Let’s instead try the following with our quality process:

  • Add customer satisfaction to your quality forms. Ask your quality auditors to put themselves in the customer’s shoes and evaluate whether or not they would have been satisfied with the experience. If the agent did everything right and the customer was still dissatisfied, the form might not be measuring the right things, and/or there’s a policy or product issue that needs to be addressed.
  • Step back and compare quality scores to customer satisfaction scores. If they aren’t both consistently high and continuously improving, dig deeper to find out why not.
  • Consider paring your 30 question form down to the 10 MOST important questions with the focus on allowing your auditors to review more interactions and spend more time coaching and developing agents.

The modern contact center understands that the purpose of quality is not just to measure compliance.
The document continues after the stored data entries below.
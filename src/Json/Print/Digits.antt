-- ===== src/Json/Print/Digits.antt =====
-- The decimal digits that a number is printed with.
use plissken.Base.{
  ℕ, zero, suc, ◌+◌, ◌-◌, ◌*◌, ◌/◌, ◌%◌, ◌≤◌, ◌<◌, ◌≡◌, Text, [], ◌∷◌, arith, ltb, Bool-cases, inl,
  inr,
}
use plissken.Json.Print.{digits_from, decimal}

-- The number that a row of digits stands for, after the digits that `acc` stands for.
abbrev pub read_digits : ℕ → Text → ℕ
read_digits acc [] = acc
read_digits acc (c ∷ s) = read_digits (acc * 10 + (c - b'0')) s

abbrev pub AllDigits : Text → Type 0
AllDigits [] = Unit
AllDigits (c ∷ s) = (b'0' ≤ c) × (c ≤ b'9') × AllDigits s

-- The first digit is no zero, but for the number 0.
abbrev pub StartsWell : ℕ → Text → Type 0
StartsWell n [] = ⊥
StartsWell n (c ∷ s) = (c ≡ b'0') → n ≡ 0

read_digits-digits_from :
    (fuel n : ℕ) (rest : Text)
    → n < fuel
    → read_digits 0 (digits_from fuel n rest) ≡ read_digits n rest
unfolding digits_from
read_digits-digits_from zero n rest h = elim h [ ]
read_digits-digits_from (suc fuel) n rest h =
    ground (arith, read_digits-digits_from fuel (n / 10) ((b'0' + n % 10) ∷ rest))

AllDigits-digits_from :
    (fuel n : ℕ) (rest : Text) → AllDigits rest → AllDigits (digits_from fuel n rest)
unfolding digits_from
AllDigits-digits_from zero n rest h = h
AllDigits-digits_from (suc fuel) n rest h =
    ground (arith, AllDigits-digits_from fuel (n / 10) ((b'0' + n % 10) ∷ rest))

StartsWell-weaken : (m n : ℕ) (s : Text) → (m ≡ 0 → n ≡ 0) → StartsWell m s → StartsWell n s
StartsWell-weaken m n [] h k = k
StartsWell-weaken m n (c ∷ s) h k = λ e. h (k e)

StartsWell-digits_from :
    (fuel n : ℕ) (rest : Text) → n < fuel → StartsWell n (digits_from fuel n rest)
unfolding digits_from
StartsWell-digits_from zero n rest h = elim h [ ]
StartsWell-digits_from (suc fuel) n rest h = elim (Bool-cases (ltb n 10)) [
  | inl small ↦ rw small (ground arith)
  | inr large ↦ rw large (
      StartsWell-weaken (n / 10) n _ (ground arith)
        (StartsWell-digits_from fuel (n / 10) _ (ground arith)))
]

-- The printed digits are digits, read back to the number, and begin with no needless zero; so the
-- fuel of `decimal` is enough.
pub decimal_lem :
    (n : ℕ) → AllDigits (decimal n) × StartsWell n (decimal n) × (read_digits 0 (decimal n) ≡ n)
unfolding decimal
decimal_lem n = (
  AllDigits-digits_from (suc n) n [] tt,
  StartsWell-digits_from (suc n) n [] (omega arith),
  read_digits-digits_from (suc n) n [] (omega arith),
)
It’s also to constantly ensure that the behaviors we’re tracking align with a great customer experience and promote the coaching and development of agents.

The modern contact center understands that many, if not all, metrics are customer experience metrics — or at least they should be viewed through the lens of the customer experience. My challenge to you as a modern contact center leader is to pick a metric, any metric, and think about how you can manage it to improve your customer experience.